JAKARTA, HUMAS MKRI - Mahkamah Konstitusi (MK) menggelar sidang kedua Pengujian Undang-Undang Nomor 11 Tahun 2020 Tentang Cipta Kerja (UU Cipta Kerja) pada Selasa (4/5/2021). Sidang perkara Nomor 5/PUU-XIX/2021 ini dimohonkan oleh Putu Bagus Dian Rendragraha (Pemohon I) dan Simon Petrus Simbolon (Pemohon II) merupakan dua penyandang disabilitas. Dalam perkara ini, para Pemohon melakukan uji formil dan materiil Pasal 24 angka 4, Pasal 24 angka 13, Pasal 24 angka 24, Pasal 24 angka 28, Pasal 61 angka 7, Pasal 81 angka 15, dan Penjelasan Pasal 55 angka 3 UU UU Cipta Kerja terhadap UUD 1945.

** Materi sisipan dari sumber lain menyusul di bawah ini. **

-- ===== src/Engine/Writes/Budget.antt =====
-- The bounds of the retried writes of src/engine/receive-engine.ts: the delay and the attempts.
use notestr.Prelude.{
  ℕ, zero, suc, ◌+◌, ◌*◌, ◌^◌, ◌≤◌, ◌≡◌, refl, ◌∙◌, Bool, true, false, Option, none, some, arith,
  ap,
}
use native.Mathlib.Numerals.{unary_clauses}
use notestr.Engine.World.{World}
use notestr.Engine.Writes.{
  StoreCall, RetryOutcome, persistence_retry_delay_ms, persistence_retry_base_delay_ms,
  persistence_retry_max_delay_ms, persistence_retry_max_attempts, retry_loop, after_attempt,
  with_persistence_retry, attempt_once, mark_failing, retry_delay,
}

pow-suc : (n : ℕ) → 2 ^ suc n ≡ 2 * 2 ^ n
pow-suc n = simp unary_clauses (omega arith)

power-pos : (n : ℕ) → 1 ≤ 2 ^ n
power-pos zero = omega arith
power-pos (suc n) = rw (pow-suc n) (ground (arith, power-pos n))

-- The delay before the next attempt never shrinks, is at least the base delay and at most the
-- greatest delay.
pub persistence_retry_delay_ms-bounds :
    (n : ℕ)
    → (persistence_retry_base_delay_ms ≤ persistence_retry_delay_ms n)
      × (persistence_retry_delay_ms n ≤ persistence_retry_max_delay_ms)
      × (persistence_retry_delay_ms n ≤ persistence_retry_delay_ms (n + 1))
unfolding persistence_retry_delay_ms
persistence_retry_delay_ms-bounds zero = ground arith
persistence_retry_delay_ms-bounds (suc n) = ground (arith, power-pos n, pow-suc n)

-- After the last attempt the rest of the loop is not looked at.
last_attempt :
    {A : Type 0} (n : ℕ) (marked : Bool) (gen : ℕ) (r : Option A) (w₁ w₂ w₃ : World)
    (rest rest' : RetryOutcome A × World)
    → persistence_retry_max_attempts ≤ n
    → after_attempt n marked gen r w₁ w₂ w₃ rest ≡ after_attempt n marked gen r w₁ w₂ w₃ rest'
unfolding after_attempt
last_attempt n marked gen none w₁ w₂ w₃ rest rest' h = ground arith
last_attempt n marked gen (some a) w₁ w₂ w₃ rest rest' h = refl

retry_loop-more :
    {A : Type 0} (fuel more n : ℕ) (marked : Bool) (gen : ℕ) (attempt : StoreCall A) (w : World)
    → persistence_retry_max_attempts ≤ fuel + n
    → retry_loop (suc (fuel + more)) n marked gen attempt w
      ≡ retry_loop (suc fuel) n marked gen attempt w
unfolding retry_loop
retry_loop-more zero more n marked gen attempt w h =
    last_attempt n marked gen _ _ _ _ _ _ (omega arith)
retry_loop-more (suc fuel) more n marked gen attempt w h =
    let w₁ = (attempt_once attempt w).1 in
    let w₂ = mark_failing marked w₁ in
    let w₃ = retry_delay (persistence_retry_delay_ms n) w₂ in
    let e : suc fuel + more ≡ suc (fuel + more) = omega arith in
    ap (after_attempt n marked gen (attempt_once attempt w).0 w₁ w₂ w₃) (
      ap (λ x. retry_loop x (n + 1) true gen attempt w₃) e
      ∙ retry_loop-more fuel more (n + 1) true gen attempt w₃ (omega arith))

-- The fuel of a retried write is enough: with any more of it the write ends the same way.
pub with_persistence_retry-fuel :
    {A : Type 0} (more gen : ℕ) (attempt : StoreCall A) (w : World)
    → retry_loop (persistence_retry_max_attempts + more) 1 false gen attempt w
      ≡ with_persistence_retry gen attempt w
unfolding with_persistence_retry
with_persistence_retry-fuel more gen attempt w =
    let e : persistence_retry_max_attempts + more ≡ suc (7 + more) = omega arith in
    ap (λ n. retry_loop n 1 false gen attempt w) e
    ∙ retry_loop-more 7 more 1 false gen attempt w (omega arith)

Eliadi Hulu sebagai kuasa hukum para Pemohon menyampaikan poin-poin perbaikan. Di antaranya, para Pemohon mencabut pengujian formil karena ingin fokus pada pengujian materil UU Cipta Kerja yang berkaitan dengan hak penyandang disabilitas.
“Kami mencabutnya karena ingin fokus pada perjuangan hak penyandang disabilitas dalam perubahan UU a quo. Oleh karena itu, kami ingin fokus pada pengujian materil. Hal ini mengingat telah banyak dari kalangan masyarakat yang mengajukan pengujian formil, namun kami tetap memberikan dukungan penuh atas itu,” sampai Eliadi pada sidang yang dipimpin Hakim Konstitusi Saldi Isra didampingi dua anggota yakni Hakim Konstitusi Wahiduddin Adams dan Hakim Konstitusi Suhartoyo.
Selain itu, para Pemohon juga telah menambahkan alasan permohonan yang memuat tabel perbandingan pasal sebelum dan sesudah adanya perubahan melalui UU Cipta Kerja. Menurut para Pemohon, pasal-pasal hasil perubahan tersebut tidak mengakomodir penyandang disabilitas dalam sarana dan prasarana bangunan gedung.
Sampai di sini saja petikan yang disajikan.